DATA PROVIDED
_ _ _
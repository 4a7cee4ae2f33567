-- ===== src/VoiceTurn/Stale.antt =====
-- Tasks of core/cluster/voice_turn.py that have been replaced: their stages show nowhere.
use xiaozhi_desk_robot_serve.Prelude.{
  ℕ, ◌≤◌, String, Bool, ◌≡◌, refl, true, false, Option, none, some, List, [], ◌∷◌, ◌++◌, arith, not,
  ◌&&◌, ◌==◌, Bool-cases, ◌⊎◌, inl, inr, if◌then◌else◌,
}
use xiaozhi_desk_robot_serve.VoiceTurn.{
  Speech, tts_start, tts_stop, llm_partial, llm_emotion, Frame, Message, stt_clear, stt_final,
  tts_stop_end, goodbye, complete, done, VoiceTurn, Config, emit, after, touch_activity, ok, raised,
  Step,
}
use xiaozhi_desk_robot_serve.VoiceTurn.Control.{
  emit_quietly, abort, begin, listen, start, answer, start_text, put_frame, pre_roll, audio_frame,
  stop, idle_due, expire_idle,
}
use xiaozhi_desk_robot_serve.VoiceTurn.Turn.{
  open_speech, mark_speech, note_speech, emit_tts, play_message, answer_chunk, answer_result,
  AsrResult, heard, asr_failed, Phrases, Playback, heard_partial, heard_speech, admitted,
  take_frame, reopen, transcribe_attempt, respond, accept_text, heard_text, conclude, close_speech,
  finish, text_only, still_playing,
}
use xiaozhi_desk_robot_serve.VoiceTurn.Runs.{
  play_call, chunk_call, result_call, Call, abort_call, stop_call, start_call, text_call,
  audio_call, idle_call, partial_call, speech_call, admitted_call, take_call, attempt_call,
  accept_call, heard_call, finish_call, watch_idle, step, run,
}
use xiaozhi_desk_robot_serve.VoiceTurn.Invariant.{abort-none}

-- generations go up, and an expired session stays expired
abbrev pub Later : VoiceTurn → VoiceTurn → Type 0
Later v w = (v.generation ≤ w.generation) × (v.idle_closing ≡ true → w.idle_closing ≡ true)

Later-trans : (u v w : VoiceTurn) → Later u v → Later v w → Later u w
Later-trans u v w a b = (omega arith, λ h. b.1 (a.1 h))

-- the parts that no stage of a task and no send changes
abbrev Alike : VoiceTurn → VoiceTurn → Type 0
Alike v w = (w.generation ≡ v.generation) × (w.idle_closing ≡ v.idle_closing)

Alike-trans : (u v w : VoiceTurn) → Alike u v → Alike v w → Alike u w
Alike-trans u v w a b = (cc, cc)

Later-Alike : (v w : VoiceTurn) → Alike v w → Later v w
Later-Alike v w a = ground arith

emit-Alike : (sends : Message → Bool) (m : Message) (v : VoiceTurn) → Alike v (emit sends m v).0
unfolding emit
emit-Alike sends m v = ground arith

after-Alike :
    (u : VoiceTurn) (s : Step) (k : VoiceTurn → Step)
    → Alike u s.0
    → ((v : VoiceTurn) → Alike v (k v).0)
    → Alike u (after s k).0
unfolding after
after-Alike u (v, ok) k a h = Alike-trans u v (k v).0 a (h v)
after-Alike u (v, raised e) k a h = a

after-Later :
    (u : VoiceTurn) (s : Step) (k : VoiceTurn → Step)
    → Later u s.0
    → ((v : VoiceTurn) → Later v (k v).0)
    → Later u (after s k).0
unfolding after
after-Later u (v, ok) k a h = Later-trans u v (k v).0 a (h v)
after-Later u (v, raised e) k a h = a

abort-Later : (sends : Message → Bool) (v : VoiceTurn) → Later v (abort sends v)
abort-Later sends v = let (q, t, g, c) = abort-none sends v in (omega arith, λ h. cc)

put_frame-Later :
    (sends : Message → Bool) (f : Frame) (o : Option (List Frame)) (v : VoiceTurn)
    → Later v (put_frame sends f o v).0
unfolding put_frame emit
put_frame-Later sends f o v = ground (arith, abort-none sends v)

start-Later :
    (sends : Message → Bool) (now : ℕ) (mode : String) (v : VoiceTurn)
    → Later v (start sends now mode v).0
unfolding start emit after begin listen touch_activity
start-Later sends now mode v = ground (arith, abort-none sends v)

start_text-Later :
    (cfg : Config) (matches : String → Bool) (sends : Message → Bool) (now : ℕ)
    (text : Option String) (wake : Bool) (v : VoiceTurn)
    → Later v (start_text cfg matches sends now text wake v).0
unfolding start_text emit after begin answer touch_activity
start_text-Later cfg matches sends now text wake v = ground (arith, abort-none sends v)

audio_frame-Later :
    (sends : Message → Bool) (bytes : List ℕ) (v : VoiceTurn)
    → Later v (audio_frame sends bytes v).0
unfolding audio_frame
audio_frame-Later sends bytes v =
    ground (arith, put_frame-Later sends (Frame.audio bytes) (pre_roll v.state v.queue) v)

stop-Later : (sends : Message → Bool) (v : VoiceTurn) → Later v (stop sends v).0
unfolding stop emit after
stop-Later sends v =
    let x = record v { ending = true; sent = v.sent ++ stt_clear ∷ [] } in
    ground (arith, put_frame-Later sends Frame.end_of_speech x.queue x)

expire_idle-Later :
    (cfg : Config) (sends : Message → Bool) (v : VoiceTurn) → Later v (expire_idle cfg sends v).0
unfolding expire_idle emit after
expire_idle-Later cfg sends v = ground (arith, abort-none sends (record v { idle_closing = true }))

watch_idle-Later :
    (cfg : Config) (sends : Message → Bool) (now : ℕ) (v : VoiceTurn)
    → Later v (watch_idle cfg sends now v)
unfolding watch_idle idle_due touch_activity
watch_idle-Later cfg sends now v = ground (arith, expire_idle-Later cfg sends v)

reopen-Alike :
    (sends : Message → Bool) (g attempts : ℕ) (v : VoiceTurn)
    → Alike v (reopen sends g attempts v).0
unfolding reopen emit
reopen-Alike sends g attempts v = ground arith

transcribe_attempt-Alike :
    (sends : Message → Bool) (g : ℕ) (mode : String) (attempts : ℕ) (r : AsrResult) (v : VoiceTurn)
    → Alike v (transcribe_attempt sends g mode attempts r v).0
unfolding transcribe_attempt
transcribe_attempt-Alike sends g mode attempts (heard text) v =
    ground (arith, reopen-Alike sends g attempts v)
transcribe_attempt-Alike sends g mode attempts (asr_failed recoverable) v =
    ground (arith, reopen-Alike sends g attempts v)

respond-Alike :
    (sends : Message → Bool) (ph : Phrases) (g : ℕ) (wake listens : Bool) (text : String)
    (v : VoiceTurn)
    → Alike v (respond sends ph g wake listens text v).0
unfolding respond open_speech emit
respond-Alike sends ph g wake listens text v = ground arith

accept_text-Alike :
    (sends : Message → Bool) (now : ℕ) (ph : Phrases) (g : ℕ) (wake listens closing : Bool)
    (text : String) (v : VoiceTurn)
    → Alike v (accept_text sends now ph g wake listens closing text v).0
unfolding accept_text emit touch_activity
accept_text-Alike sends now ph g wake listens closing text v =
    let w = record v { ending = true } in
    let said = record w { sent = v.sent ++ stt_final text ∷ [] } in
    ground (
      arith,
      respond-Alike sends ph g wake listens text w,
      respond-Alike sends ph g wake listens text said,
      respond-Alike sends ph g wake listens text (record said { last_activity = now }),
    )

heard_text-Alike :
    (sends : Message → Bool) (now : ℕ) (ph : Phrases) (g : ℕ) (mode text : String) (v : VoiceTurn)
    → Alike v (heard_text sends now ph g mode text v).0
unfolding heard_text
heard_text-Alike sends now ph g mode text v =
    ground (
      arith,
      emit-Alike sends stt_clear v,
      accept_text-Alike sends now ph g false true false text v,
    )

note_speech-Alike : (m : Message) (v : VoiceTurn) → Alike v (note_speech m v).0
unfolding note_speech
note_speech-Alike tts_start v = (refl, refl)
note_speech-Alike tts_stop v = (refl, refl)
note_speech-Alike m v = (refl, refl)

emit_tts-Alike :
    (sends : Message → Bool) (g : ℕ) (m : Message) (v : VoiceTurn)
    → Alike v (emit_tts sends g m v).0
unfolding emit_tts
emit_tts-Alike sends g m v = elim (Bool-cases (g == v.generation)) [
  | inl e ↦ rw e (
      Alike-trans v (note_speech m v).0 (emit sends (note_speech m v).1 (note_speech m v).0).0
        (note_speech-Alike m v) (emit-Alike sends (note_speech m v).1 (note_speech m v).0))
  | inr e ↦ rw e (refl, refl)
]

play_message-Alike :
    (sends : Message → Bool) (g : ℕ) (m : Message) (v : VoiceTurn)
    → Alike v (play_message sends g m v).0
unfolding play_message
play_message-Alike sends g tts_start v =
    emit_tts-Alike sends g tts_start (record v { current_tts = mark_speech g true v.current_tts })
play_message-Alike sends g tts_stop v =
    after-Alike v _ _ (emit_tts-Alike sends g tts_stop v) (λ w. (refl, refl))
play_message-Alike sends g m v = emit_tts-Alike sends g m v

answer_chunk-Alike :
    (sends : Message → Bool) (g : ℕ) (emotion : Option (String × String)) (text : String) (seq : ℕ)
    (v : VoiceTurn)
    → Alike v (answer_chunk sends g emotion text seq v).0
unfolding answer_chunk
answer_chunk-Alike sends g none text seq v = elim (Bool-cases (g == v.generation)) [
  | inl e ↦ rw e (after-Alike v (v, ok) _ (refl, refl) (emit-Alike sends (llm_partial seq text)))
  | inr e ↦ rw e (refl, refl)
]
answer_chunk-Alike sends g (some (emoji, name)) text seq v = elim (Bool-cases (g == v.generation)) [
  | inl e ↦ rw e (
      after-Alike v _ _ (emit-Alike sends (llm_emotion emoji name) v)
        (emit-Alike sends (llm_partial seq text)))
  | inr e ↦ rw e (refl, refl)
]

emit_if-Alike :
    (sends : Message → Bool) (b : Bool) (m : Message) (v : VoiceTurn)
    → Alike v (if b then emit sends m v else (v, ok)).0
emit_if-Alike sends true m v = emit-Alike sends m v
emit_if-Alike sends false m v = (refl, refl)

settled-Alike :
    (failed : Bool) (v : VoiceTurn) → Alike v (if failed then v else record v { state = done })
settled-Alike true v = (refl, refl)
settled-Alike false v = (refl, refl)

conclude-Alike :
    (sends : Message → Bool) (speech : Option Playback) (failed spoken : Bool) (v : VoiceTurn)
    → Alike v (conclude sends speech failed spoken v).0
unfolding conclude
conclude-Alike sends speech failed spoken v =
    after-Alike v _ _ (emit_if-Alike sends (v.close_after_chat && text_only speech) tts_stop_end v)
      (λ a.
        after-Alike a _ _
          (emit_if-Alike sends (failed && not spoken && still_playing speech) tts_stop_end a)
          (λ b. after-Alike b _ _ (emit-Alike sends (complete (text_only speech)) b) (λ c.
            let d = if failed then c else record c { state = done } in
            Alike-trans c d
              (if d.close_after_chat then emit sends (goodbye d.end_reason) d else (d, ok)).0
              (settled-Alike failed c)
              (emit_if-Alike sends d.close_after_chat (goodbye d.end_reason) d))))

close_speech-Alike :
    (sends : Message → Bool) (g : ℕ) (speech : Option Playback) (failed : Bool) (v : VoiceTurn)
    → Alike v (close_speech sends g speech failed v)
unfolding close_speech emit_quietly emit
close_speech-Alike sends g none failed v = (refl, refl)
close_speech-Alike sends g (some p) failed v = ground arith

finish-Alike :
    (sends : Message → Bool) (now g : ℕ) (speech : Option Playback) (failed spoken : Bool)
    (v : VoiceTurn)
    → Alike v (finish sends now g speech failed spoken v)
unfolding finish touch_activity
finish-Alike sends now g speech failed spoken v =
    let w = close_speech sends g speech failed v in
    ground (
      arith,
      close_speech-Alike sends g speech failed v,
      conclude-Alike sends speech failed spoken (record w { waking = false }),
    )

pub step-Later :
    (cfg : Config) (ph : Phrases) (sends : Message → Bool) (now : ℕ) (c : Call) (v : VoiceTurn)
    → Later v (step cfg ph sends now c v)
unfolding step
step-Later cfg ph sends now abort_call v = abort-Later sends v
step-Later cfg ph sends now stop_call v = stop-Later sends v
step-Later cfg ph sends now (start_call mode) v = start-Later sends now mode v
step-Later cfg ph sends now (text_call text wake) v =
    start_text-Later cfg ph.matches sends now text wake v
step-Later cfg ph sends now (audio_call bytes) v = audio_frame-Later sends bytes v
step-Later cfg ph sends now idle_call v = watch_idle-Later cfg sends now v
step-Later cfg ph sends now (partial_call g text) v =
    unfold heard_partial touch_activity emit in ground arith
step-Later cfg ph sends now (speech_call g) v = unfold heard_speech touch_activity in ground arith
step-Later cfg ph sends now (admitted_call g) v = unfold admitted in ground arith
step-Later cfg ph sends now (take_call g) v = unfold take_frame in ground arith
step-Later cfg ph sends now (attempt_call g mode attempts r) v =
    Later-Alike v (transcribe_attempt sends g mode attempts r v).0
      (transcribe_attempt-Alike sends g mode attempts r v)
step-Later cfg ph sends now (heard_call g mode text) v =
    Later-Alike v (heard_text sends now ph g mode text v).0
      (heard_text-Alike sends now ph g mode text v)
step-Later cfg ph sends now (accept_call g wake listens closing text) v =
    Later-Alike v (accept_text sends now ph g wake listens closing text v).0
      (accept_text-Alike sends now ph g wake listens closing text v)
step-Later cfg ph sends now (play_call g m) v =
    Later-Alike v (play_message sends g m v).0 (play_message-Alike sends g m v)
step-Later cfg ph sends now (chunk_call g emotion text seq) v =
    Later-Alike v (answer_chunk sends g emotion text seq v).0
      (answer_chunk-Alike sends g emotion text seq v)
step-Later cfg ph sends now (result_call g speech text) v =
    unfold answer_result emit in ground arith
step-Later cfg ph sends now (finish_call g speech failed spoken) v =
    Later-Alike v (finish sends now g speech failed spoken v)
      (finish-Alike sends now g speech failed spoken v)

run-Later :
    (cfg : Config) (ph : Phrases) (calls : List ((Message → Bool) × ℕ × Call)) (v : VoiceTurn)
    → Later v (run cfg ph calls v)
unfolding run
run-Later cfg ph [] v = (omega arith, λ h. h)
run-Later cfg ph ((sends, now, c) ∷ calls) v =
    Later-trans v (step cfg ph sends now c v) (run cfg ph calls (step cfg ph sends now c v))
      (step-Later cfg ph sends now c v) (run-Later cfg ph calls (step cfg ph sends now c v))

-- the stages of the task of one generation
abbrev pub IsStageOf : ℕ → Call → Type 0
IsStageOf g (partial_call h text) = h ≡ g
IsStageOf g (speech_call h) = h ≡ g
IsStageOf g (admitted_call h) = h ≡ g
IsStageOf g (take_call h) = h ≡ g
IsStageOf g (attempt_call h mode attempts r) = h ≡ g
IsStageOf g (heard_call h mode text) = h ≡ g
IsStageOf g (accept_call h wake listens closing text) = h ≡ g
IsStageOf g (play_call h m) = h ≡ g
IsStageOf g (chunk_call h emotion text seq) = h ≡ g
IsStageOf g (result_call h speech text) = h ≡ g
IsStageOf g (finish_call h speech failed spoken) = h ≡ g
IsStageOf g _ = ⊥

-- the speech of a session, if it is not the one of the task of the generation `g`, stays as it is
abbrev pub KeepsSpeech : ℕ → Option Speech → Option Speech → Type 0
KeepsSpeech g none o = o ≡ none
KeepsSpeech g (some s) o = (s.owner ≡ g) ⊎ (o ≡ some s)

-- what the device and the control methods can see of a session, but for the speech of the task of the
-- generation `g`
abbrev pub LooksAs : ℕ → VoiceTurn → VoiceTurn → Type 0
LooksAs g v w =
    KeepsSpeech g v.current_tts w.current_tts
    × (w.sent ≡ v.sent)
    × (w.state ≡ v.state)
    × (w.queue ≡ v.queue)
    × (w.ending ≡ v.ending)
    × (w.waking ≡ v.waking)
    × (w.close_after_chat ≡ v.close_after_chat)
    × (w.end_reason ≡ v.end_reason)
    × (w.last_activity ≡ v.last_activity)
    × (w.generation ≡ v.generation)

-- After an expiry the idle watch never acts again, whatever the calls in between.
pub watch_idle-once :
    (cfg : Config) (ph : Phrases) (calls : List ((Message → Bool) × ℕ × Call))
    (sends : Message → Bool) (now : ℕ) (v : VoiceTurn)
    → v.idle_closing ≡ true
    → watch_idle cfg sends now (run cfg ph calls v) ≡ run cfg ph calls v
unfolding watch_idle idle_due
watch_idle-once cfg ph calls sends now v h = ground (arith, (run-Later cfg ph calls v).1 h)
_ _ _
PROBLEM TO WORK ON
Nothing but a number belongs in the answer: the tally of lines in the data holding "that".

TASK SOLUTION
2